In this citizenship of pure and impure DNA, what you eat is intertwined with where you belong, and anything can happen to the impure of mouth and mind. The Chief Minister of Haryana can resort to dietary intimidation, blacksmiths and intellectuals can be murdered, Northeastern women can be sexually victimized in the national capital because they are whores anyway, and Muslim journalists who criticize the dispensation can be abused in the filthiest terms on online forums. Naseeruddin Shah, the most acclaimed actor India has produced, can find himself under attack for the mildest praise of Pakistan, and must respond that he is a patriot who has never been aware of being Muslim. Shah's response is a nicety of secular-Indian speech, but it is nevertheless true that there were contexts in which Indians could forget their “communities.” Now those contexts have shrunk dramatically not just for “minorities” and the “sickular,” but also for insufficiently pure insiders, as L.K. Advani discovered a few years ago when he was nearly drummed out of the BJP for praising Jinnah, and a blackened Kulkarni (Advani’s erstwhile adviser) discovered last week. But this collapsing of the lines between the safe majority and unsafe minorities has made it possible to connect the dots between dead blacksmiths and dead rationalists, naked Dalit women charged with public indecency and middle-class girls assaulted by the Shri Ram Sene for going to a nightclub, embattled thespians of "a certain community" and the embattled liberal arts, the silence of writers and artists clinging to their awards and the silence of the prime minister.

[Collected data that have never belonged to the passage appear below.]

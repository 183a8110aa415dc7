-- ===== src/Export.antt =====
-- The export pipeline (openvtld/internal/export).
pub mod Chunker
pub mod Resume
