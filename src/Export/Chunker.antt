-- ===== src/Export/Chunker.antt =====
-- openvtld/internal/export/tarchunk.go: the chunker that cuts the tar stream into windows of
-- `raw_per_chunk` bytes, each compressed into a staging file of its own and handed to the sink.
pub mod Counting
pub mod Paired
pub mod Codec
pub mod Content
pub mod Windows
pub mod Stream
pub mod Restore
use open_vtl.Prelude.{
  ℕ, zero, suc, ◌+◌, ◌-◌, String, Option, none, some, List, [], ◌∷◌, ◌++◌, min, length, take, drop,
  leb, ltb, ◌==◌, if◌then◌else◌, ◌&&◌,
}

-- An `error` of the file system, of the encoder, of the sink or of the context.
pub data Fault : Type 0 where
  canceled : Fault
  host_error : ℕ → Fault

-- What ends a step: an error, which the method returns, or the panic of a call through a nil encoder or a nil file,
-- which no method of the chunker recovers from.
pub data Halt : Type 0 where
  error : Fault → Halt
  panicked : Halt

-- What a call that may return an error ends.
abbrev pub raised : Option Fault → Option Halt
raised none = none
raised (some e) = some (error e)

-- A Go call that returns a value or an error.
pub data Attempt (A : Type 0) : Type 0 where
  done : A → Attempt A
  failed : Fault → Attempt A

pub record ChunkResult : Type 0 where
  pub idx : ℕ
  pub stage_path : String
  pub raw_bytes : ℕ
  pub stored_bytes : ℕ
  pub sha256 : String

-- What the chunker calls and does not implement: the context, the file system, the zstd encoder, the
-- hash and the sink. Each call may fail and may change the world.
pub record Host : Type 1 where
  pub World : Type 0
  pub Encoder : Type 0
  -- c.ctx.Err()
  pub ctx_err : World → Option Fault
  -- os.CreateTemp: the path of the new file, or the error
  pub create_temp : World → Attempt String × World
  -- zstd.NewWriter
  pub new_writer : World → Attempt Encoder × World
  -- enc.Write: the encoder after it, the compressed bytes that it passed on, its error
  pub enc_write : Encoder → List ℕ → World → Encoder × List ℕ × Option Fault × World
  -- enc.Close: the compressed bytes that it flushed, its error
  pub enc_close : Encoder → World → List ℕ × Option Fault × World
  pub file_close : String → World → Option Fault × World
  pub remove : String → World → World
  pub hash : List ℕ → String
  -- the sink reads the staging file: its content is the second argument
  pub sink : ChunkResult → List ℕ → World → Option Fault × World

module _ (h : Host) where
  open h use {
    World, Encoder, ctx_err, create_temp, new_writer, enc_write, enc_close, file_close, remove,
    hash, sink,
  }

  -- `sum` holds the bytes that went through the MultiWriter, to the file and to the hash.
  pub record Chunker : Type 0 where
    pub raw_per_chunk : ℕ
    pub skip_until : ℕ
    pub idx : ℕ
    pub cur_raw : ℕ
    pub raw_seen : ℕ
    pub f : Option String
    pub enc : Option Encoder
    pub sum : List ℕ
    pub stored : ℕ

  -- The outcome of an internal step: what ended it, if anything did, and the state after it.
  abbrev pub Outcome : Type 0
  Outcome = Option Halt × Chunker × World

  unfoldable pub new_chunker : ℕ → ℕ → Chunker
  new_chunker raw_per_chunk skip_until = record {
    raw_per_chunk = raw_per_chunk;
    skip_until = skip_until;
    idx = 0;
    cur_raw = 0;
    raw_seen = 0;
    f = none;
    enc = none;
    sum = [];
    stored = 0;
  }

  -- `countWriter` adds what the file took to `stored`.
  count_write : List ℕ → Chunker → Chunker
  count_write out c = record c { sum = c.sum ++ out; stored = c.stored + length out }

  -- NewWriter failed: the file is closed and removed, and `c.f` still names it.
  set_encoder : String → Chunker → Attempt Encoder × World → Outcome
  set_encoder path c (failed e, w) = (some (error e), c, remove path (file_close path w).1)
  set_encoder path c (done enc, w) = (none, record c { enc = some enc }, w)

  open_file : Chunker → Attempt String × World → Outcome
  open_file c (failed e, w) = (some (error e), c, w)
  open_file c (done path, w) =
      set_encoder path (record c { f = some path; sum = []; stored = 0 }) (new_writer w)

  unfoldable pub open_chunk : Chunker → World → Outcome
  unfolding open_file set_encoder
  open_chunk c w = open_file c (create_temp w)

  -- sink(res), then os.Remove(path) whatever the sink said.
  deliver : String → Chunker → World → Outcome
  deliver path c w =
      let res : ChunkResult = record {
        idx = c.idx;
        stage_path = path;
        raw_bytes = c.cur_raw;
        stored_bytes = c.stored;
        sha256 = hash c.sum;
      } in
      let (e, w') = sink res c.sum w in (raised e, c, remove path w')

  after_file_close : String → Chunker → Option Fault × World → Outcome
  after_file_close path c (some e, w) = (some (error e), c, w)
  after_file_close path c (none, w) = deliver path (record c { f = none; enc = none }) w

  after_enc_close : String → Chunker → List ℕ × Option Fault × World → Outcome
  after_enc_close path c (out, some e, w) = (some (error e), count_write out c, w)
  after_enc_close path c (out, none, w) =
      after_file_close path (count_write out c) (file_close path w)

  -- closeChunk, on the file and the encoder of the chunk; without them it panics.
  close_parts : Option String → Option Encoder → Chunker → World → Outcome
  close_parts (some path) (some enc) c w = after_enc_close path c (enc_close enc w)
  close_parts (some path) none c w = (some panicked, c, w)
  close_parts none enc c w = (some panicked, c, w)

  unfoldable pub close_chunk : Chunker → World → Outcome
  unfolding close_parts after_enc_close after_file_close deliver count_write
  close_chunk c w = close_parts c.f c.enc c w

  -- Without an encoder it panics.
  feed_with : Option Encoder → List ℕ → Chunker → World → Outcome
  feed_with none part c w = (some panicked, c, w)
  feed_with (some enc) part c w =
      let (enc', out, e, w') = enc_write enc part w in
      (raised e, record (count_write out c) { enc = some enc' }, w')

  -- c.enc.Write(part)
  feed : List ℕ → Chunker → World → Outcome
  unfolding feed_with count_write
  feed part c w = feed_with c.enc part c w

  feed_opened : List ℕ → Outcome → Outcome
  feed_opened part (some e, c, w) = (some e, c, w)
  feed_opened part (none, c, w) = feed part c w

  ensure_open : Option String → Chunker → World → Outcome
  ensure_open none c w = open_chunk c w
  ensure_open (some path) c w = (none, c, w)

  -- The first block of the loop: the part is compressed, unless its chunk is skipped.
  unfoldable pub stage : List ℕ → Chunker → World → Outcome
  unfolding feed_opened ensure_open feed
  stage part c w =
      if leb c.skip_until c.idx then feed_opened part (ensure_open c.f c w) else (none, c, w)

  next_chunk : Outcome → Outcome
  next_chunk (some e, c, w) = (some e, c, w)
  next_chunk (none, c, w) = (none, record c { idx = c.idx + 1; cur_raw = 0 }, w)

  unfoldable pub finish_window : Chunker → World → Outcome
  finish_window c w = if leb c.skip_until c.idx then close_chunk c w else (none, c, w)

  -- The last block of the loop: a full window is closed, unless it is skipped, and the next begins.
  unfoldable pub boundary : Chunker → World → Outcome
  unfolding next_chunk
  boundary c w =
      if c.cur_raw == c.raw_per_chunk then next_chunk (finish_window c w) else (none, c, w)

  -- What the loop has not consumed, what stopped it, and the state.
  abbrev pub Progress : Type 0
  Progress = List ℕ × Option Halt × Chunker × World

  count_part : List ℕ → ℕ → Outcome → Progress
  count_part p n (some e, c, w) = (p, some e, c, w)
  count_part p n (none, c, w) =
      let (e, c', w') =
        boundary (record c { cur_raw = c.cur_raw + n; raw_seen = c.raw_seen + n }) w in
      (drop n p, e, c', w')

  -- One round of the loop of `Write`.
  unfoldable pub write_piece : List ℕ → Chunker → World → Progress
  unfolding count_part
  write_piece p c w =
      let n = min (length p) (c.raw_per_chunk - c.cur_raw) in count_part p n (stage (take n p) c w)

  resume : (List ℕ → Chunker → World → Option Progress) → Progress → Option Progress
  resume again (p, some e, c, w) = some (p, some e, c, w)
  resume again (p, none, c, w) = again p c w

  -- `for len(p) > 0`, on fuel.
  unfoldable pub write_loop : ℕ → List ℕ → Chunker → World → Option Progress
  unfolding resume
  write_loop fuel [] c w = some ([], none, c, w)
  write_loop zero (x ∷ p) c w = none
  write_loop (suc fuel) (x ∷ p) c w =
      resume (λ q c' w'. write_loop fuel q c' w') (write_piece (x ∷ p) c w)

  -- What `Write` returns, its count and its error, and the state after it.
  abbrev pub Written : Type 0
  Written = ℕ × Option Fault × Chunker × World

  -- After a panic nothing is returned.
  count_written : ℕ → Option Progress → Option Written
  count_written total none = none
  count_written total (some (p, some panicked, c, w)) = none
  count_written total (some (p, some (error e), c, w)) = some (total - length p, some e, c, w)
  count_written total (some (p, none, c, w)) = some (total - length p, none, c, w)

  write_unless : Option Fault → List ℕ → Chunker → World → Option Written
  write_unless (some e) p c w = some (0, some e, c, w)
  write_unless none p c w = count_written (length p) (write_loop (length p + 1) p c w)

  -- A round consumes a byte, but for a first one at a window that a failed close left full; so one
  -- round more than there are bytes is enough fuel.
  unfoldable pub write : List ℕ → Chunker → World → Option Written
  unfolding write_unless count_written
  write p c w = write_unless (ctx_err w) p c w

  close_enc : Option Encoder → World → World
  close_enc none w = w
  close_enc (some enc) w = (enc_close enc w).2

  drop_file : Option String → World → World
  drop_file none w = w
  drop_file (some path) w = remove path (file_close path w).1

  -- Without an encoder `c.enc.Close()` panics.
  drop_leftover : Option String → Option Encoder → Chunker → World → Outcome
  drop_leftover none enc c w = (none, c, w)
  drop_leftover (some path) none c w = (some panicked, c, w)
  drop_leftover (some path) (some enc) c w =
      (none, c, drop_file (some path) (close_enc (some enc) w))

  close_tail : Option String → Chunker → World → Outcome
  close_tail none c w = (none, c, w)
  close_tail (some path) c w = close_chunk c w

  -- Close flushes the final partial chunk.
  unfoldable pub close : Chunker → World → Outcome
  unfolding drop_leftover close_tail drop_file close_enc
  close c w =
      if ltb 0 c.cur_raw && leb c.skip_until c.idx
      then close_tail c.f c w
      else drop_leftover c.f c.enc c w

  -- abort releases resources after an error without invoking the sink.
  pub abort : Chunker → World → World
  unfolding drop_file close_enc
  abort c w = drop_file c.f (close_enc c.enc w)

  -- The stream as `Write` receives it, part after part, until one fails.
  write_all_from : (Chunker → World → Option Outcome) → Option Written → Option Outcome
  write_all_from again none = none
  write_all_from again (some (n, some e, c, w)) = some (some (error e), c, w)
  write_all_from again (some (n, none, c, w)) = again c w

  unfoldable pub write_all : List (List ℕ) → Chunker → World → Option Outcome
  unfolding write_all_from
  write_all [] c w = some (none, c, w)
  write_all (p ∷ ps) c w = write_all_from (λ c' w'. write_all ps c' w') (write p c w)

  -- openvtld/internal/export/export.go, runExport: the chunks that the pipeline produced.
  unfoldable pub chunks_total : Chunker → ℕ
  chunks_total c = if ltb 0 c.cur_raw then c.idx + 1 else c.idx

The web of lines connecting the dots holds up the little rebellion of artists and intellectuals. Indians who greeted the election results of 2014 with a phlegmatic refusal to catastrophize, choosing to give the pragmatists and moderates in the dispensation the benefit of the doubt, are less sanguine now; indeed, few would have foreseen how bad things would get, and how quickly. “We” are now one step away from a situation in which boycott, divestment and international isolation would be not only justified but an ethical imperative. It might be said, borrowing a phrase from Zionist discourse, that such a move would “delegitimize” India. But by falling back on an ethnic-majoritarian raison d’etre, the Indian nation-state has come very close to delegitimizing itself. It is only fitting that this week, the Indian president was in Tel Aviv, telling his hosts that India and Israel are separated twins, united by their love of democracy and diversity. And by increasingly valid questions about legitimacy, he might have added.

For “patriots,” a conventional measure of the legitimacy of the nation is the question, “Would you fight for it?” That is no longer a simple question in the Indian case, because what would the patriot be fighting for? An expansive circle of justice, or the squalid vulgarity of the ethnic group? Mohammed Akhlaq had a son in the Indian Air Force, and another who looked forward to joining. Naseeruddin Shah's brother was a general in the Indian Army. When that is not enough to guarantee inclusion in the nation, the nation-state has become indefensible.